Auch dieses Mal gestaltete sich die Hinfahrt am 20.03.2025 so problemlos, dass alle die Einführung um 18:15 Uhr pünktlich wahrnehmen konnten. Insgesamt durften nun alle Freundinnen und Freunde des Balletts einen sehr entspannten Verlauf genießen und konnten sich voll und ganz dem fulminanten Tanz über Sehnsucht, Liebe und Leid zuwenden.
Der erste Akt führt uns ein in die Lebenswirklichkeit der Akteure, denn während Alexej Karenin (David Moore) in St. Petersburg für seine Wiederwahl eine politische Kundgebung abhält, trainiert Graf Alexej Wronski (Martí Paixà) mit seinem Regiment in Moskau für ein Lacrosse-Spiel.

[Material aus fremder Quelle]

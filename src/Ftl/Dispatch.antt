-- ===== src/Ftl/Dispatch.antt =====
-- flash/nand/core/ftl.c: a translation layer behind function pointers, which belong to a plugin
-- driver or to the layer itself, with loops over single pages where there is none for many.
pub mod Request
pub mod Pages
pub mod Tests
use ufprog.Common.{ℕ, zero, suc, ◌+◌, ◌-◌, ◌<<<◌, ◌>>>◌, u32, leb, ltb, ◌==◌, ◌||◌, ◌&&◌}
use ufprog.Common.{if◌then◌else◌, Bool, true, false, not, Option, none, some}
use ufprog.Common.{Status, ok, invalid_parameter, is_ok}
use ufprog.Nand.Api.{Geometry}
use ufprog.Ftl.Api.{Part, Callback, buffer_of, pre_call, post_call, read_ignored}

-- The function pointers of `struct ufprog_ftl_driver` and of `struct ufprog_nand_ftl`; those that are
-- tested against NULL are options. The second result of a function for many pages is `*retcount`.
pub record FtlTable (W : Type 0) : Type 0 where
  pub get_size : W → ℕ × W
  pub read_page : Option Part → ℕ → ℕ → Bool → W → Status × W
  pub write_page : Option Part → ℕ → ℕ → Bool → W → Status × W
  pub erase_block : Option Part → ℕ → Bool → W → Status × W
  pub read_pages :
      Option (Option Part → ℕ → ℕ → ℕ → Bool → ℕ → Option (Callback W) → W → Status × ℕ × W)
  pub write_pages :
      Option (Option Part → ℕ → ℕ → ℕ → Bool → Bool → Option (Callback W) → W → Status × ℕ × W)
  pub erase_blocks : Option (Option Part → ℕ → ℕ → Bool → Option (Callback W) → W → Status × ℕ × W)
  pub block_checkbad : ℕ → W → Status × W
  pub block_markbad : ℕ → W → Status × W

-- `driver` is the table of `ftl->driver`, if the layer has a driver and an instance of it.
pub record Ftl (W : Type 0) : Type 0 where
  pub driver : Option (FtlTable W)
  pub own : FtlTable W

-- The fields of `struct ufprog_nand_ftl` that the calls change.
pub record FtlSize (W : Type 0) : Type 0 where
  pub size : ℕ
  pub ftl_total_pages : ℕ
  pub world : W

abbrev first {ℓ} : {F : Type ℓ} → Option F → Option F → Option F
first none own = own
first (some g) own = some g

module _ {W : Type 0} where
  -- The table whose mandatory functions are called.
  abbrev pub table : Ftl W → FtlTable W
  table ftl = elim ftl.driver [ none ↦ ftl.own | some d ↦ d ]

  abbrev pub optional {ℓ} : {F : Type ℓ} → (FtlTable W → Option F) → Ftl W → Option F
  optional f ftl = first (elim ftl.driver [ none ↦ none | some d ↦ f d ]) (f ftl.own)

module _ {W : Type 0} (ftl : Ftl W) (geo : Geometry) where
  pub get_size : FtlSize W → ℕ × FtlSize W
  get_size s =
      let (size, w) = (table ftl).get_size s.world in
      let asked : FtlSize W = record {
        size = size;
        ftl_total_pages = u32 (size >>> geo.page_shift);
        world = w;
      } in
      if s.size == 0 then (size, asked) else (s.size, s)

  -- The tests of `validate_virt_part_info`, against the number of pages of the layer.
  pub in_range : ℕ → Option Part → ℕ → ℕ → Bool
  in_range total none page count = ltb page total
  in_range total (some part) page count =
      let start = u32 (part.base_block <<< geo.pages_per_block_shift) in
      let pages = u32 (part.part_blocks <<< geo.pages_per_block_shift) in
      not (leb total start || ltb total (u32 (start + pages)))
      && not (leb pages page || ltb pages (u32 (page + count)))

  -- The parameters `page` and `count` are `uint32_t`.
  pub validate_virt_part_info : Option Part → ℕ → ℕ → FtlSize W → Bool × FtlSize W
  unfolding in_range get_size
  validate_virt_part_info part page count s =
      let s' = (get_size s).1 in (in_range s'.ftl_total_pages part (u32 page) (u32 count), s')

  -- A call is passed on, on the world alone, if its range is valid.
  abbrev validated :
      {A : Type 0} → Option Part → ℕ → ℕ → A → (W → A × W) → FtlSize W → A × FtlSize W
  validated part page count refused call s =
      let (valid, s') = validate_virt_part_info part page count s in
      let (a, w) = call s'.world in if valid then (a, record s' { world = w }) else (refused, s')

  pub read_page : Option Part → ℕ → ℕ → Bool → FtlSize W → Status × FtlSize W
  read_page part page buf raw s =
      validated part page 1 invalid_parameter (λ w. (table ftl).read_page part page buf raw w) s

  pub write_page : Option Part → ℕ → ℕ → Bool → FtlSize W → Status × FtlSize W
  write_page part page buf raw s =
      validated part page 1 invalid_parameter (λ w. (table ftl).write_page part page buf raw w) s

  pub erase_block : Option Part → ℕ → Bool → FtlSize W → Status × FtlSize W
  erase_block part page spread s =
      validated part page 1 invalid_parameter (λ w. (table ftl).erase_block part page spread w) s

  pub block_checkbad : ℕ → W → Status × W
  block_checkbad block w = (table ftl).block_checkbad block w

  pub block_markbad : ℕ → W → Status × W
  block_markbad block w = (table ftl).block_markbad block w
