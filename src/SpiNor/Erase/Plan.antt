-- ===== src/SpiNor/Erase/Plan.antt =====
-- What `spi_nor_erase_at` erases, on a chip with one erase region whose smallest block is a power of
-- two.
use ufprog.Common.{
  ℕ, ◌+◌, ◌-◌, ◌%◌, ◌^◌, ◌≤◌, ◌<◌, ◌≡◌, refl, arith, ap, sym, ◌∙◌, bit_and, bit_and_mask, u64, ◌==◌,
  ==_iff, leb, leb→le, ltb_of_ge, ◌&&◌, both, if_true, if_false, if◌then◌else◌, Bool, true,
  Bool-cases, inl, inr, Option, none, some, List, [], ◌∷◌,
}
use mathlib.Core.Option.{some_inj}
use ufprog.Bitops.{is_power_of_2}
use ufprog.Bitops.Power.{is_power_of_2-pow, is_power_of_2_iff}
use ufprog.SpiNor.Api.{SpiMem, Snor, Setup, EraseRegion, EraseSectorInfo}
use ufprog.SpiNor.Regs.{has}
use ufprog.SpiNor.Erase.{
  round_down, get_erase_region_at, fits, better, choose, erase_chosen, erase_at, erasesize_of,
}

-- The sizes that the region's mask selects, from entry `i` on: multiples of its smallest block, and
-- no larger than the region. What `Supported` says of them is left to the chip.
abbrev pub AreBlocks :
    (Supported : EraseSectorInfo → Type 0) (erg : EraseRegion) (k : ℕ)
    → List EraseSectorInfo
    → (i : ℕ) → Type 0
AreBlocks Supported erg k [] i = Unit {0}
AreBlocks Supported erg k (ei ∷ eis) i =
    (has erg.erasesizes_mask (2 ^ i) ≡ true
      → (1 ≤ ei.size) × (ei.size % 2 ^ k ≡ 0) × (ei.size ≤ erg.size) × Supported ei)
    × AreBlocks Supported erg k eis (i + 1)

-- A chip of a uniform block size `2 ^ k`.
pub record IsUniform {W : Type 0} (setup : Setup W) (Supported : EraseSectorInfo → Type 0)
    (erg : EraseRegion) (k : ℕ) : Type 0 where
  pub regions : setup.erase_regions ≡ erg ∷ []
  pub smallest : erg.min_erasesize ≡ 2 ^ k
  pub whole : erg.size ≡ setup.size
  pub not_empty : 1 ≤ setup.size
  pub fits_64 : setup.size < 2 ^ 63
  pub few : k < 32
  pub blocks : setup.size % 2 ^ k ≡ 0
  pub sizes : AreBlocks Supported erg k setup.erase_info 0

-- An entry that `choose` takes is selected by the mask, and fits; its blocks begin at `start`.
pub record IsChosen (Supported : EraseSectorInfo → Type 0) (erg : EraseRegion) (k start room : ℕ)
    (ei : EraseSectorInfo) : Type 0 where
  pub not_none : 1 ≤ ei.size
  pub is_blocks : ei.size % 2 ^ k ≡ 0
  pub supported : Supported ei
  pub in_room : ei.size ≤ room
  pub aligned : start % ei.size ≡ 0

aligned_at :
    (start size : ℕ)
    → (if is_power_of_2 size then bit_and start (size - 1) == 0 else (start - 0) % size == 0) ≡ true
    → start % size ≡ 0
aligned_at start size h = elim (Bool-cases (is_power_of_2 size)) [
  | inl power ↦
      let (j, e) = (is_power_of_2_iff size).0 power in
      let zero_bits : bit_and start (size - 1) ≡ 0 =
        (==_iff (bit_and start (size - 1)) 0).0 (sym (if_true _ _ power) ∙ h) in
      ap (λ (t : ℕ). start % t) e
      ∙ sym (bit_and_mask j start)
      ∙ ap (λ (t : ℕ). bit_and start (t - 1)) (sym e)
      ∙ zero_bits
  | inr other ↦
      let no_base : start - 0 ≡ start = omega arith in
      ap (λ (t : ℕ). t % size) (sym no_base)
      ∙ (==_iff ((start - 0) % size) 0).0 (sym (if_false _ _ other) ∙ h)
]

fits-IsChosen :
    (Supported : EraseSectorInfo → Type 0) (erg : EraseRegion) (k start room : ℕ)
    (ei : EraseSectorInfo)
    → (1 ≤ ei.size) × (ei.size % 2 ^ k ≡ 0) × (ei.size ≤ erg.size) × Supported ei
    → fits erg 0 start room ei ≡ true
    → IsChosen Supported erg k start room ei
unfolding fits
fits-IsChosen Supported erg k start room ei (pos, blocks, small, known) h =
    let same : erasesize_of erg ei ≡ ei.size = rw (ltb_of_ge erg.size ei.size small) refl in
    let e : ℕ = erasesize_of erg ei in
    let tests =
      both (if is_power_of_2 e then bit_and start (e - 1) == 0 else (start - 0) % e == 0)
        (leb e room) h in
    record {
      not_none = pos;
      is_blocks = blocks;
      supported = known;
      in_room = leb→le ei.size room (rw same at (tests.1));
      aligned = aligned_at start ei.size (rw same at (tests.0));
    }

pub choose-IsChosen :
    (Supported : EraseSectorInfo → Type 0) (erg : EraseRegion) (k start room : ℕ)
    (eis : List EraseSectorInfo) (i : ℕ) (best : Option EraseSectorInfo) {ei : EraseSectorInfo}
    → AreBlocks Supported erg k eis i
    → ((b : EraseSectorInfo) → best ≡ some b → IsChosen Supported erg k start room b)
    → choose erg 0 start room eis i best ≡ some ei
    → IsChosen Supported erg k start room ei
unfolding choose
choose-IsChosen Supported erg k start room [] i best blocks had h = had _ h
choose-IsChosen Supported erg k start room (x ∷ eis) i best {ei} blocks had h =
    let test : Bool =
      has erg.erasesizes_mask (2 ^ i) && fits erg 0 start room x && better erg x best in
    choose-IsChosen Supported erg k start room eis (i + 1) (if test then some x else best) blocks.1
      (λ b e. elim (Bool-cases test) [
        | inl taken ↦
            let (front, _) = both _ _ taken in
            let (selected, fit) = both _ _ front in
            let it : x ≡ b = some_inj.0 (sym (if_true _ _ taken) ∙ e) in
            rw (← it) (fits-IsChosen Supported erg k start room x (blocks.0 selected) fit)
        | inr left ↦ had b (sym (if_false _ _ left) ∙ e)
      ])
      h

module _ {W : Type 0} (spi : SpiMem W) (setup : Setup W) (left_over : ℕ)
    (Supported : EraseSectorInfo → Type 0) (erg : EraseRegion) (k : ℕ)
    (uniform : IsUniform setup Supported erg k) where
  pub round_down_blocks : (addr : ℕ) → round_down erg 0 addr ≡ addr - addr % 2 ^ k
  unfolding round_down
  round_down_blocks addr =
      rw (uniform.smallest, is_power_of_2-pow k) (ap (λ (t : ℕ). addr - t) (bit_and_mask k addr))

  round_down_aligned : (addr : ℕ) → addr % 2 ^ k ≡ 0 → round_down erg 0 addr ≡ addr
  round_down_aligned addr h = round_down_blocks addr ∙ omega (arith, h)

  -- From an aligned address to an aligned end within the chip nothing is rounded.
  pub erase_at_aligned :
      (start end : ℕ) (s : Snor W)
      → start % 2 ^ k ≡ 0
      → end % 2 ^ k ≡ 0
      → start < end
      → end ≤ setup.size
      → erase_at spi setup left_over start (end - start) s
        ≡ erase_chosen spi setup left_over start
            (end - start)
            (choose erg 0 start (end - start) setup.erase_info 0 none)
            s
  unfolding erase_at get_erase_region_at
  erase_at_aligned start end s hs he lt top =
      let to_end : u64 (start + (end - start)) ≡ end = omega (arith, lt, top, uniform.fits_64) in
      let region_end : u64 (0 + erg.size) ≡ setup.size =
        omega (arith, uniform.whole, uniform.fits_64) in
      let room : u64 (end + (2 ^ 64 - start)) ≡ end - start =
        omega (arith, lt, top, uniform.fits_64) in
      rw
        (
          uniform.regions,
          round_down_aligned start hs,
          to_end,
          round_down_aligned end he,
          region_end,
          ltb_of_ge setup.size end top,
          room,
        )
        refl
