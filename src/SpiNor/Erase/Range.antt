-- ===== src/SpiNor/Erase/Range.antt =====
-- The range that an erase covers, on a chip with one region of a block size `2 ^ k`.
use native.Mathlib.Nat.{
  one-le-pow, mod-lt, div-add-mod', mul-mod_left, div-lt_iff_lt-mul, mul-le-mul_right,
  pow-le-pow_right,
}
use ufprog.Common.{
  ℕ, ◌+◌, ◌-◌, ◌*◌, ◌/◌, ◌%◌, ◌^◌, ◌≤◌, ◌<◌, ◌≡◌, refl, arith, ap, ◌∙◌, bit_and_mask, u64,
  leb_of_gt, ==_of_ne, done,
}
use ufprog.Bitops.Power.{is_power_of_2-pow}
use ufprog.SpiNor.Api.{SpiMem, Setup, EraseRegion, EraseSectorInfo}
use ufprog.SpiNor.Erase.{round_end, range_in, get_erase_range, get_erase_region_at}
use ufprog.SpiNor.Erase.Plan.{IsUniform, round_down_blocks}

-- Aligned bounds around `[addr, addr + len)`, by less than a block on each side.
pub record IsRange (k chip_size addr len start end : ℕ) : Type 0 where
  pub start_aligned : start % 2 ^ k ≡ 0
  pub end_aligned : end % 2 ^ k ≡ 0
  pub below : start ≤ addr
  pub above : addr + len ≤ end
  pub near_start : addr < start + 2 ^ k
  pub near_end : end < addr + len + 2 ^ k
  pub on_chip : end ≤ chip_size

module _ (k : ℕ) where
  size_pos : 1 ≤ 2 ^ k
  size_pos = one-le-pow k 2 (omega arith)

  as_blocks : (x : ℕ) → x - x % 2 ^ k ≡ x / 2 ^ k * 2 ^ k
  as_blocks x = omega (arith, div-add-mod' x (2 ^ k))

  down_aligned : (x : ℕ) → (x - x % 2 ^ k) % 2 ^ k ≡ 0
  down_aligned x = ap (λ (t : ℕ). t % 2 ^ k) (as_blocks x) ∙ mul-mod_left (x / 2 ^ k) (2 ^ k)

  -- Rounding up stays below an aligned limit.
  up-le : (x limit : ℕ) → limit % 2 ^ k ≡ 0 → x < limit + 2 ^ k → x - x % 2 ^ k ≤ limit
  up-le x limit h lt =
      let few : x / 2 ^ k < limit / 2 ^ k + 1 =
        (div-lt_iff_lt-mul size_pos).1
          (omega (arith, lt, h, div-add-mod' limit (2 ^ k), one_more (limit / 2 ^ k))) in
      omega
        (arith, as_blocks x, mul-le-mul_right (2 ^ k) (le_of few), div-add-mod' limit (2 ^ k), h)
    where
      one_more : (q : ℕ) → (q + 1) * 2 ^ k ≡ q * 2 ^ k + 2 ^ k
      one_more q = omega arith

      le_of : {a b : ℕ} → a < b + 1 → a ≤ b
      le_of l = omega (arith, l)

module _ {W : Type 0} (spi : SpiMem W) (setup : Setup W) (left_over : ℕ)
    (Supported : EraseSectorInfo → Type 0) (erg : EraseRegion) (k : ℕ)
    (uniform : IsUniform setup Supported erg k) where
  block_le : 2 ^ k ≤ 2 ^ 32
  block_le = pow-le-pow_right {n = 2} (omega arith) {i = k} {j = 32} (omega (arith, uniform.few))

  round_end_blocks :
      (a : ℕ) → a ≤ setup.size → round_end erg 0 a ≡ a + 2 ^ k - 1 - (a + 2 ^ k - 1) % 2 ^ k
  unfolding round_end
  round_end_blocks a h =
      let no_wrap : u64 (a + 2 ^ k - 1) ≡ a + 2 ^ k - 1 =
        omega (arith, h, uniform.fits_64, block_le) in
      rw (uniform.smallest, is_power_of_2-pow k, no_wrap)
        (ap (λ (t : ℕ). a + 2 ^ k - 1 - t) (bit_and_mask k (a + 2 ^ k - 1)))

  -- The range of an erase within the chip is the smallest one of whole blocks around it.
  pub get_erase_range-IsRange :
      (addr len : ℕ)
      → 1 ≤ len
      → addr + len ≤ setup.size
      → (start : ℕ) × (end : ℕ) × (get_erase_range setup.size setup.erase_regions addr len
          ≡ done (start, end))
        × IsRange k setup.size addr len start end
  unfolding get_erase_range get_erase_region_at range_in
  get_erase_range-IsRange addr len pos inside =
      let some_block : 1 ≤ 2 ^ k = size_pos k in
      let x : ℕ = addr + len + 2 ^ k - 1 in
      let no_wrap : u64 (addr + len) ≡ addr + len = omega (arith, inside, uniform.fits_64) in
      (
        addr - addr % 2 ^ k,
        x - x % 2 ^ k,
        rw
            (
              uniform.regions,
              ==_of_ne len 0 (λ z. omega (arith, pos, z)),
              leb_of_gt setup.size addr (omega (arith, pos, inside)),
              no_wrap,
              round_down_blocks spi setup left_over Supported erg k uniform addr,
              round_end_blocks (addr + len) inside,
            )
            refl,
        record {
          start_aligned = down_aligned k addr;
          end_aligned = down_aligned k x;
          below = omega arith;
          above = omega (arith, mod-lt x some_block, some_block);
          near_start = omega (arith, mod-lt addr some_block);
          near_end = omega (arith, some_block);
          on_chip = up-le k x setup.size uniform.blocks (omega (arith, inside, some_block, pos));
        },
      )
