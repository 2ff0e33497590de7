-- ===== src/SpiNor/Erase/Sizes.antt =====
-- flash/spi-nor/spi-nor.c: the erase sizes of a part, and of a region.
use ufprog.Common.{ℕ, ◌+◌, ◌^◌, u32, ◌==◌, ltb, ◌&&◌, ◌||◌, if◌then◌else◌}
use ufprog.Common.{List, [], ◌∷◌}
use ufprog.Common.{}
use ufprog.SpiNor.Api.{EraseSectorInfo, EraseRegion}
use ufprog.SpiNor.Regs.{has}

-- `SNOR_F_SECT_4K`, `SNOR_F_SECT_32K`, `SNOR_F_SECT_64K` and `SNOR_F_SECT_256K`
abbrev f_sect_4k : ℕ
f_sect_4k = 4

abbrev f_sect_32k : ℕ
f_sect_32k = 8

abbrev f_sect_64k : ℕ
f_sect_64k = 16

abbrev f_sect_256k : ℕ
f_sect_256k = 32

-- The entries of `spi_nor_gen_erase_info`; the rest of its array is zero.
unfoldable pub gen_erase_info : (part_flags : ℕ) → List EraseSectorInfo → List EraseSectorInfo
gen_erase_info part_flags [] = []
gen_erase_info part_flags (ei ∷ eis) =
    let more = gen_erase_info part_flags eis in
    if ei.size == 0
    then more
    else if (has part_flags f_sect_4k && (ei.size == 4096))
        || (has part_flags f_sect_32k && (ei.size == 32768))
    then ei ∷ more
    else if has part_flags (f_sect_64k + f_sect_256k) && (ei.size == 65536)
    then (if has part_flags f_sect_256k then record ei { size = 262144 } else ei) ∷ more
    else more

-- The loop of `spi_nor_fill_erase_region_erasesizes` from entry `i` on.
fill_erasesizes : (region_size : ℕ) → List EraseSectorInfo → (i : ℕ) → EraseRegion → EraseRegion
fill_erasesizes region_size [] i erg = erg
fill_erasesizes region_size (ei ∷ eis) i erg =
    let clamped = if ltb region_size ei.size then u32 region_size else ei.size in
    let e1 : EraseRegion =
      if (erg.min_erasesize == 0) || ltb ei.size erg.min_erasesize
      then record erg { min_erasesize = clamped }
      else erg in
    let e2 : EraseRegion =
      if ltb erg.max_erasesize ei.size then record e1 { max_erasesize = clamped } else e1 in
    fill_erasesizes region_size eis (i + 1) (if has erg.erasesizes_mask (2 ^ i) then e2 else erg)

unfoldable pub fill_erase_region_erasesizes :
    List EraseSectorInfo → EraseRegion → (region_size : ℕ) → EraseRegion
unfolding fill_erasesizes
fill_erase_region_erasesizes infos erg region_size =
    fill_erasesizes region_size infos 0 (record erg { min_erasesize = 0; max_erasesize = 0 })
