-- ===== src/SpiNor/Erase/Sweep.antt =====
-- An erase touches the blocks of its range and no others, and when it succeeds it has erased them all.
use native.Mathlib.Decide.{dec_le}
use native.Mathlib.Nat.{add-mod, zero-mod}
use ufprog.Common.{
  ℕ, zero, suc, ◌+◌, ◌-◌, ◌%◌, ◌^◌, ◌≤◌, ◌<◌, ◌≡◌, ◌⊎◌, refl, arith, ap, ◌∙◌, ltb_of_ge, leb_of_le,
  leb_of_gt, ==_of_ne, inl, inr, Option, none, Option-cases, Result, done, Result-cases, and_then,
  and_then-done, and_then-err, pure,
}
use ufprog.SpiNor.Api.{SpiMem, Snor, Setup, EraseRegion, EraseSectorInfo}
use ufprog.SpiNor.Erase.{choose, erase_block, erase_chosen, erase_at, erase_loop}
use ufprog.SpiNor.Erase.Plan.{IsUniform, IsChosen, choose-IsChosen, erase_at_aligned}

module _ {W : Type 0} (spi : SpiMem W) (setup : Setup W) (left_over : ℕ)
    (Supported : EraseSectorInfo → Type 0) (erg : EraseRegion) (k : ℕ)
    (uniform : IsUniform setup Supported erg k) (hi : ℕ) (hi_aligned : hi % 2 ^ k ≡ 0)
    (on_chip : hi ≤ setup.size) where
  abbrev pub block : ℕ → EraseSectorInfo → Snor W → Result (Unit {0}) × Snor W
  block a ei s = erase_block spi setup left_over a ei s

  -- A round erases one fitting block from `start` on, or none fits.
  abbrev Round : (start : ℕ) → Snor W → Result ℕ × Snor W → Type 0
  Round start s p =
      (p ≡ (done 0, s))
      ⊎ ((ei : EraseSectorInfo) × IsChosen Supported erg k start (hi - start) ei
          × (p ≡ and_then (block start ei s) (λ _. pure ei.size)))

  a_round :
      (start : ℕ) (s : Snor W)
      → start % 2 ^ k ≡ 0
      → start < hi
      → Round start s (erase_at spi setup left_over start (hi - start) s)
  unfolding erase_chosen
  a_round start s aligned lt =
      let chosen : Option EraseSectorInfo =
        choose erg 0 start (hi - start) setup.erase_info 0 none in
      let runs =
        erase_at_aligned spi setup left_over Supported erg k uniform start hi s aligned hi_aligned
          lt on_chip in
      elim (Option-cases chosen) [
        | inl nothing ↦ inl (runs ∙ rw nothing refl)
        | inr (ei, it) ↦
            let is_it =
              choose-IsChosen Supported erg k start (hi - start) setup.erase_info 0 none
                uniform.sizes (λ b e. absurd (cc)) it in
            inr (ei, is_it, runs ∙ rw (it, ltb_of_ge (hi - start) ei.size is_it.in_room) refl)
      ]

  next_aligned :
      (start : ℕ) (ei : EraseSectorInfo)
      → start % 2 ^ k ≡ 0
      → IsChosen Supported erg k start (hi - start) ei
      → (start + ei.size) % 2 ^ k ≡ 0
  next_aligned start ei aligned is_it =
      add-mod start ei.size (2 ^ k)
      ∙ ap (λ (t : ℕ). (t + ei.size % 2 ^ k) % 2 ^ k) aligned
      ∙ ap (λ (t : ℕ). (0 + t) % 2 ^ k) is_it.is_blocks
      ∙ zero-mod (2 ^ k)

  module _ (lo : ℕ) (Safe : Snor W → Type 0)
      (keep : (a : ℕ) (ei : EraseSectorInfo) (s : Snor W)
        → lo ≤ a
        → a + ei.size ≤ hi
        → a % ei.size ≡ 0
        → Supported ei
        → Safe s
        → Safe (block a ei s).1) where
    pub erase_loop-keeps :
        (fuel start : ℕ) (s : Snor W)
        → start % 2 ^ k ≡ 0
        → lo ≤ start
        → Safe s
        → Safe (erase_loop spi setup left_over fuel start hi s).state
    unfolding erase_loop
    erase_loop-keeps zero start s aligned above safe = safe
    erase_loop-keeps (suc fuel) start s aligned above safe = elim (dec_le hi start) [
      | yes over ↦ rw (leb_of_le hi start over) safe
      | no more ↦
          let lt : start < hi = omega (arith, more) in
          rw (leb_of_gt hi start lt) (elim (a_round start s aligned lt) [
            | inl idle ↦ rw idle safe
            | inr (ei, is_it, runs) ↦
                let top : start + ei.size ≤ hi = omega (arith, is_it.in_room, lt) in
                let kept = keep start ei s above top is_it.aligned is_it.supported safe in
                elim (Result-cases (block start ei s).0) [
                  | inr (e, failed) ↦ rw (runs, and_then-err (block start ei s) _ failed) kept
                  | inl (_, worked) ↦
                      rw
                        (
                          runs,
                          and_then-done (block start ei s) _ worked,
                          ==_of_ne ei.size 0 (λ z. omega (arith, z, is_it.not_none)),
                        )
                        (erase_loop-keeps fuel (start + ei.size) (block start ei s).1
                          (next_aligned start ei aligned is_it) (omega (arith, above)) kept)
                ]
          ])
    ]

  module _ (lo : ℕ) (Erased : ℕ → Snor W → Type 0)
      (advance : (a : ℕ) (ei : EraseSectorInfo) (s : Snor W)
        → lo ≤ a
        → a + ei.size ≤ hi
        → a % ei.size ≡ 0
        → Supported ei
        → Erased a s
        → (block a ei s).0 ≡ done tt
        → Erased (a + ei.size) (block a ei s).1) where
    pub erase_loop-covers :
        (fuel start : ℕ) (s : Snor W)
        → start % 2 ^ k ≡ 0
        → lo ≤ start
        → Erased start s
        → (erase_loop spi setup left_over fuel start hi s).start ≡ hi
        → Erased hi (erase_loop spi setup left_over fuel start hi s).state
    unfolding erase_loop
    erase_loop-covers zero start s aligned above so_far whole = rw (← whole) so_far
    erase_loop-covers (suc fuel) start s aligned above so_far whole = elim (dec_le hi start) [
      | yes over ↦
          let e = leb_of_le hi start over in
          let here : start ≡ hi = rw e at whole in rw e (rw (← here) so_far)
      | no more ↦
          let lt : start < hi = omega (arith, more) in
          let e = leb_of_gt hi start lt in
          elim (a_round start s aligned lt) [
            | inl idle ↦
                let here : start ≡ hi = rw (e, idle) at whole in absurd (omega (arith, lt, here))
            | inr (ei, is_it, runs) ↦
                let top : start + ei.size ≤ hi = omega (arith, is_it.in_room, lt) in
                elim (Result-cases (block start ei s).0) [
                  | inr (bad, failed) ↦
                      let here : start ≡ hi =
                        rw (e, runs, and_then-err (block start ei s) (λ _. pure ei.size) failed) at
                          whole in
                      absurd (omega (arith, lt, here))
                  | inl (_, worked) ↦
                      let more_left = ==_of_ne ei.size 0 (λ z. omega (arith, z, is_it.not_none)) in
                      let step = and_then-done (block start ei s) (λ _. pure ei.size) worked in
                      rw (e, runs, step, more_left)
                        (erase_loop-covers fuel (start + ei.size) (block start ei s).1
                          (next_aligned start ei aligned is_it) (omega (arith, above))
                          (advance start ei s above top is_it.aligned is_it.supported so_far worked)
                          (rw (e, runs, step, more_left) at whole))
                ]
          ]
    ]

Anna Karenina (Miriam Kacerova), die sich langweilt und sich zunehmend vernachlässigt fühlt, bekommt einen Anruf Ihres Bruders Stiwa (Clemens Fröhlich), der sie bittet, in einem ernsten Ehestreit mit seiner Frau Dolly (Mackenzie Brown) zu vermitteln. Schon fast vor Ort begegnet sie zufällig Graf Wronski: Ein den weiteren Weg bestimmendes Zusammentreffen. Anna verliebt sich leidenschaftlich. Sie wird aber auch Zeugin eines schrecklichen Unfalles eines Arbeiters. Eine Vorahnung deutet sich schon hier an; ein Traumbild des Scheiterns, des Todes gar, findet hier seinen Beginn, dargestellt durch einen Muschik (Jason Railly).
Und als wenn diese kurze Schilderung der sich anbahnenden Irrungen und menschlichen, allzu menschlichen Wirrungen noch nicht genug wäre, träumt derweil der aristokratische Grundbesitzer Lewin (Matteo Miccini) von Kitty (Yana Peneva), Dollys Schwester.
Obgleich Anna sehr an Ihrem ersten Sohn Serjoscha (Alexei Orohovsky) hängt, verlässt sie Alexej Karenin und bringt Wronskis Kind zur Welt. Derweil erleidet Kitty einen Nervenzusammenbruch und Dolly ist entschlossen, Ihre Familie zu verlassen.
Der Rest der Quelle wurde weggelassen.